WHAT IS REQUIRED => Look at the entries below and restate word for word the lines from the first through the one that has "-- The ids that".

Top of LISTED ENTRIES

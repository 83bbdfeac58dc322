-- ===== src/Agent/Approval/Create.antt =====
-- `create_pending_approval` of `ApprovalService` and `supersede_with_replacement` of
-- `ApprovalMutationGuard` (app/services/agent_approval_service.py). New ids are arguments.
use test_platform_backend.Prelude.{
  ℕ, String, ◌+◌, Bool, true, false, ◌||◌, not, Option, none, some, List, ◌∷◌, ◌==◌, max,
  or_default,
}
use test_platform_backend.Session.{
  http, not_found, conflict, unprocessable, Exec, branch, commit, modify, pure, raise, lift,
  some_or, gets, ◌>>=◌, ◌>>◌, approval_stale_or_superseded, approval_superseded,
  cannot_supersede_executing_call, replacement_run_mismatch, tool_call_not_approvable,
}
use test_platform_backend.Permission.{User, Access, require_project_access}
use test_platform_backend.Agent.Model.{
  EvidenceRef, SideEffect, Capability, AgentToolCall, AgentApproval, AgentApprovalLineage,
  ApprovalStatus, CallStatus, EffectState, EventType, Mutation,
}
use test_platform_backend.Agent.Events.{Journal}
use test_platform_backend.Agent.Approval.Desk.{Desk, log_event, add_mutation, block_queue}
use test_platform_backend.Agent.Approval.Decide.{is_pending}

-- The ids that `uuid4` gives to the rows made by one request.
pub record Fresh : Type 0 where
  pub lineage_id : ℕ
  pub approval_id : ℕ
  pub call_id : ℕ

-- The fields that a new approval of a call has, in either operation.
abbrev pub new_approval : AgentToolCall → ℕ → ℕ → ℕ → ℕ → User → ℕ → Option ℕ → AgentApproval
new_approval c lineage_id epoch run project u id expires = record {
  approval_id = id;
  approval_lineage_id = lineage_id;
  approval_epoch = epoch;
  run_id = run;
  tool_call_id = c.tool_call_id;
  project_id = project;
  approval_status = ApprovalStatus.pending;
  requested_by = u.id;
  decided_by = none;
  decided_at = none;
  input_hash = c.input_hash;
  runtime_snapshot_id = c.runtime_snapshot_id;
  resource_scope_hash = or_default c.approval_scope_hash c.input_hash;
  decision_reason = none;
  required_permissions = c.required_permissions;
  expires_at = expires;
}

abbrev awaiting : Option AgentApproval → Bool
awaiting none = false
awaiting (some a) = is_pending a.approval_status

abbrev pub lineage_for : AgentToolCall → Fresh → ℕ
lineage_for c f = or_default c.approval_lineage_id f.lineage_id

abbrev pub new_lineage : AgentToolCall → Journal → Fresh → ℕ → AgentApprovalLineage
new_lineage c j f now = record {
  approval_lineage_id = lineage_for c f;
  run_id = j.run.run_id;
  tool_call_id = c.tool_call_id;
  project_id = j.run.project_id;
  current_epoch = 1;
  status = ApprovalStatus.pending;
  immutable_input_hash = c.input_hash;
  runtime_snapshot_id = c.runtime_snapshot_id;
  resource_scope_hash = or_default c.approval_scope_hash c.input_hash;
  updated_at = now;
}

abbrev pub call_awaiting : AgentToolCall → Fresh → AgentToolCall
call_awaiting c f = record c {
  approval_required = true;
  approval_lineage_id = some (lineage_for c f);
  approval_epoch = 1;
}

-- The rows that `create_pending_approval` adds and writes.
unfoldable pub create_rows :
    AgentToolCall → Journal → User → Option ℕ → Option String → Fresh → ℕ → Desk → Desk
unfolding add_mutation log_event
create_rows c j u expires reason f now d =
    let a =
      new_approval c (lineage_for c f) 1 j.run.run_id j.run.project_id u f.approval_id expires in
    let d₁ = record d {
      lineage = some (new_lineage c j f now);
      call = some (call_awaiting c f);
      approval = some a;
    } in
    let d₂ =
      add_mutation a (lineage_for c f) Mutation.create none ApprovalStatus.pending (some u.id)
        reason d₁ in
    log_event EventType.approval_created (some c.tool_call_id) none d₂

-- `d.approval` is the newest approval of the call; the caller commits.
unfoldable pub create_pending_approval :
    AgentToolCall → Journal → User → Option ℕ → Option String → Fresh → ℕ → Exec Desk Unit
unfolding create_rows
create_pending_approval c j u expires reason f now = do
  d ← gets (λ d. d)
  branch (awaiting d.approval) (pure tt) (modify (create_rows c j u expires reason f now))

-- What `_create_replacement_tool_call` uses of `ToolSpec` and of its backend contract.
pub record ToolSpec : Type 0 where
  pub side_effect : SideEffect
  pub required_permissions : List String
  pub backend_name : Option ℕ
  pub backend_operation : Option ℕ
  pub backend_contract_version : Option ℕ
  pub effect_capability : Option Capability

-- The replacement asked for: the request, the tool that the registry finds for its name (none if
-- there is none), the hashes that `request_fingerprint` gives for it, and the largest
-- `attempt_index` of the run's calls at that step.
pub record Replacement : Type 0 where
  pub run_id : ℕ
  pub step_index : ℕ
  pub attempt_index : ℕ
  pub max_attempt : ℕ
  pub spec : Option ToolSpec
  pub input_hash : ℕ
  pub scope_hash : ℕ
  pub idempotency_key : Option ℕ
  pub derived_key : ℕ
  pub policy_evidence_refs : List EvidenceRef
  pub decision_context_build_id : Option ℕ

-- `_create_replacement_tool_call`, the row that it adds.
abbrev pub replacement_call :
    AgentToolCall → Journal → Replacement → ToolSpec → ℕ → ℕ → AgentToolCall
replacement_call old j r spec epoch id = record {
  tool_call_id = id;
  run_id = j.run.run_id;
  step_index = r.step_index;
  attempt_index = max (max (r.max_attempt + 1) (old.attempt_index + 1)) r.attempt_index;
  runtime_snapshot_id = j.run.runtime_snapshot_id;
  idempotency_key = or_default r.idempotency_key r.derived_key;
  side_effect = spec.side_effect;
  status = CallStatus.planned;
  execution_phase = none;
  effect_submission_state = EffectState.none_sent;
  effect_boundary_crossed = false;
  send_intent_at = none;
  observed_sent_at = none;
  acceptance_id = none;
  acceptance_at = none;
  input_hash = r.input_hash;
  policy_evidence_refs = r.policy_evidence_refs;
  decision_context_build_id = r.decision_context_build_id;
  output = none;
  output_hash = none;
  required_permissions = spec.required_permissions;
  approval_required = true;
  approval_scope_hash = some r.scope_hash;
  approval_lineage_id = old.approval_lineage_id;
  approval_epoch = epoch;
  approved_approval_id = none;
  approved_by = none;
  approved_at = none;
  lease_owner = none;
  lease_expires_at = none;
  last_heartbeat_at = none;
  recovery_decision = none;
  backend_name = spec.backend_name;
  backend_operation = spec.backend_operation;
  backend_contract_version = spec.backend_contract_version;
  backend_effect_capability = spec.effect_capability;
  error_code = none;
  error_message = none;
}

-- SUPERSEDE_BLOCKED_TOOL_CALL_STATUSES
abbrev pub supersede_blocked : CallStatus → Bool
supersede_blocked CallStatus.leased = true
supersede_blocked CallStatus.running_pre_effect = true
supersede_blocked CallStatus.effect_sent = true
supersede_blocked CallStatus.uncertain = true
supersede_blocked CallStatus.reconciling = true
supersede_blocked CallStatus.succeeded = true
supersede_blocked _ = false

-- The query for the pending approval at the lineage's epoch, and the test that it is of this
-- call: none if either fails.
abbrev pub stale_target : AgentApprovalLineage → AgentToolCall → AgentApproval → Bool
stale_target l c a =
    not (a.approval_lineage_id == l.approval_lineage_id)
    || not (a.approval_epoch == l.current_epoch)
    || not (is_pending a.approval_status)
    || not (a.tool_call_id == c.tool_call_id)

abbrev superseded_approval : User → ℕ → Option String → AgentApproval → AgentApproval
superseded_approval u now reason a = record a {
  approval_status = ApprovalStatus.superseded;
  decided_by = some u.id;
  decided_at = some now;
  decision_reason = some (or_default reason "replacement_tool_call_created");
}

abbrev obsolete_call : Option String → AgentToolCall → AgentToolCall
obsolete_call reason c = record c {
  status = CallStatus.obsolete;
  error_code = some approval_superseded;
  error_message = some (or_default reason "Approval superseded by replacement tool call");
}

-- The rows that `supersede_with_replacement` writes and adds.
unfoldable pub supersede_rows :
    AgentApprovalLineage
    → AgentToolCall
    → AgentApproval
    → Journal
    → Replacement
    → ToolSpec
    → User
    → Option String
    → Fresh
    → ℕ
    → Desk
    → Desk
unfolding add_mutation log_event block_queue
supersede_rows l c a j r spec u reason f now d =
    let epoch = l.current_epoch + 1 in
    let c' = replacement_call c j r spec epoch f.call_id in
    let a' =
      new_approval c' l.approval_lineage_id epoch j.run.run_id j.run.project_id u f.approval_id
        none in
    let d₁ = record (log_event EventType.tool_planned (some c'.tool_call_id) none d) {
      past = (obsolete_call reason c, superseded_approval u now reason a) ∷ d.past;
      lineage = some (record l {
        tool_call_id = c'.tool_call_id;
        current_epoch = epoch;
        status = ApprovalStatus.pending;
        immutable_input_hash = c'.input_hash;
        runtime_snapshot_id = c'.runtime_snapshot_id;
        resource_scope_hash = or_default c'.approval_scope_hash c'.input_hash;
        updated_at = now;
      });
      call = some c';
      approval = some a';
      queue = block_queue c.tool_call_id approval_superseded d.queue;
    } in
    let d₂ =
      add_mutation a l.approval_lineage_id Mutation.supersede (some a.approval_status)
        ApprovalStatus.superseded (some u.id) reason d₁ in
    let d₃ =
      add_mutation a' l.approval_lineage_id Mutation.create_replacement none ApprovalStatus.pending
        (some u.id) reason d₂ in
    log_event EventType.approval_created (some c'.tool_call_id) none
      (log_event EventType.approval_superseded (some c.tool_call_id) none d₃)

unfoldable pub supersede_with_replacement :
    User → Access → Replacement → Option String → Fresh → ℕ → Exec Desk Unit
supersede_with_replacement u access r reason f now = do
  d ← gets (λ d. d)
  c ← some_or d.call (http not_found none)
  some_or c.approval_lineage_id (http conflict (some tool_call_not_approvable))
  l ← some_or d.lineage (http not_found none)
  a ← some_or d.approval (http conflict (some approval_stale_or_superseded))
  branch (stale_target l c a) (raise (http conflict (some approval_stale_or_superseded))) (do
    j ← some_or d.journal (http not_found none)
    branch (not (r.run_id == j.run.run_id))
        (raise (http unprocessable (some replacement_run_mismatch)))
        (do
          lift (require_project_access u access)
          branch (supersede_blocked c.status)
              (raise (http conflict (some cannot_supersede_executing_call)))
              (do
                spec ← some_or r.spec (http not_found none)
                modify (supersede_rows l c a j r spec u reason f now)
                commit)))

Bottom of LISTED ENTRIES

EXERCISE RESULT =>
repository 83bbdfeac58dc322
-- ===== src/Agent/Approval/Create.antt =====
-- `create_pending_approval` of `ApprovalService` and `supersede_with_replacement` of
-- `ApprovalMutationGuard` (app/services/agent_approval_service.py). New ids are arguments.
use test_platform_backend.Prelude.{
  ℕ, String, ◌+◌, Bool, true, false, ◌||◌, not, Option, none, some, List, ◌∷◌, ◌==◌, max,
  or_default,
}
use test_platform_backend.Session.{
  http, not_found, conflict, unprocessable, Exec, branch, commit, modify, pure, raise, lift,
  some_or, gets, ◌>>=◌, ◌>>◌, approval_stale_or_superseded, approval_superseded,
  cannot_supersede_executing_call, replacement_run_mismatch, tool_call_not_approvable,
}
use test_platform_backend.Permission.{User, Access, require_project_access}
use test_platform_backend.Agent.Model.{
  EvidenceRef, SideEffect, Capability, AgentToolCall, AgentApproval, AgentApprovalLineage,
  ApprovalStatus, CallStatus, EffectState, EventType, Mutation,
}
use test_platform_backend.Agent.Events.{Journal}
use test_platform_backend.Agent.Approval.Desk.{Desk, log_event, add_mutation, block_queue}
use test_platform_backend.Agent.Approval.Decide.{is_pending}

-- The ids that `uuid4` gives to the rows made by one request.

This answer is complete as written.